Drohmail-Fremdgehen in Hessen: Kriminalgewerkschafter Geigenspieler zu Händen Ombudsstelle

Zur Rekognoszierung dieser „NSU 2.0“-Drohmail-Fremdgehen mit möglichen Bezügen zur hessischen Polizei plädiert dieser Vorsitzendes des Bundes Deutscher Kriminalbeamter, Sebastian Geigenspieler, zu Händen den Hinterlegung eines externen Sonderermittlers. „Hanspeter Mener ebenso kompetent wie moralisch einwandfrei“, sagte Geigenspieler hoch den vom hessischen Minister für Inneres Peter Beuth (Konservative) berufenen aktuellen Sonderermittler. „Hinsichtlich dieser Problemlage täte dieser Rekognoszierung jedoch ein Externer, zum Paradigma ein ehemaliger Richter, gut.“

Mener Rektor dieser Kriminaldirektion im Polizeipräsidium Frankfurt an der Oder und weitreichende Befugnisse zur Rekognoszierung dieser Vorgänge nebst dieser hessischen Polizei. „Mindestens genauso wichtig wie ein auswärtiger Kriminalpolizist wäre wirklich eine externe Ombudsstelle mit einer professionellen Servicenummer zu Händen Hinweisgeber“, sagte Geigenspieler. „Die Vorgänge in demolieren dasjenige Stellung dieser Polizei in ganz Deutschland.“

Unter anderem Linken-Politikerinnen hatten vielfach Drohmails mit dieser Unterschrift „NSU 2.0“ erhalten. In manchen Fällen waren zuvor Statistik hoch verdongeln hessischen Polizeicomputer abgefragt worden. Es bislang nachher offiziellen Aussagen nicht gelungen, festzustellen, welcher Polizeimitarbeiter sie Statistik abgerufen hat.

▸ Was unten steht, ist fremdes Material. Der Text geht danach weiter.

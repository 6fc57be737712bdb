-- ===== src/Settings/Tests.antt =====
-- Runs of src/www/app/settings.ts.
use pepper_vpn_client.Common.{String, [], ◌∷◌, ◌≡◌, refl, ap, sym}
use pepper_vpn_client.Common.Map
use pepper_vpn_client.Common.Map.{Entries}
use pepper_vpn_client.Common.Distinct.{IsDistinct}
use pepper_vpn_client.Common.Exec.{ok}
use pepper_vpn_client.Settings.{
  Settings, SettingsJson, settings_keys, is_valid_setting, set, load_settings,
}
use pepper_vpn_client.Settings.Stored.{set_to, load-run_settings}

abbrev acknowledged : Entries String
acknowledged = ("privacy-ack", "true") ∷ []

abbrev json : SettingsJson
json = record { stringify = λ _. "saved"; parse = λ _. ok acknowledged }

abbrev fresh : Settings
fresh = record { settings = []; storage = []; valid_keys = settings_keys }

set_settings : (set json "privacy-ack" "true" fresh).0.settings ≡ acknowledged
unfolding set is_valid_setting Map.set
set_settings = refl

set_works : (set json "privacy-ack" "true" fresh).1 ≡ ok tt
unfolding set is_valid_setting
set_works = refl

load-run_settings_example :
    IsDistinct (set json "privacy-ack" "true" fresh).0.settings
    × (load_settings json (set json "privacy-ack" "true" fresh).0.storage settings_keys
        ≡ ok (set json "privacy-ack" "true" fresh).0)
load-run_settings_example =
    load-run_settings json (set_to "privacy-ack" "true") fresh tt set_works refl
      (ap ok (sym set_settings))

test_invalid_key : (set json "colour" "red" fresh).0 ≡ fresh
unfolding set is_valid_setting
test_invalid_key = refl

Qua NSU hatten sich die Terroristen Uwe Mundlos und Uwe Böhnhardt bezeichnet, die zwischen 2000 und 2007 zehn Menschen ermordeten. Es waren acht türkischstämmige und ein griechischstämmiger Kleinunternehmer sowie eine Polizistin. Ihre Mittäterin Beate Zschäpe wurde 2018 verurteilt.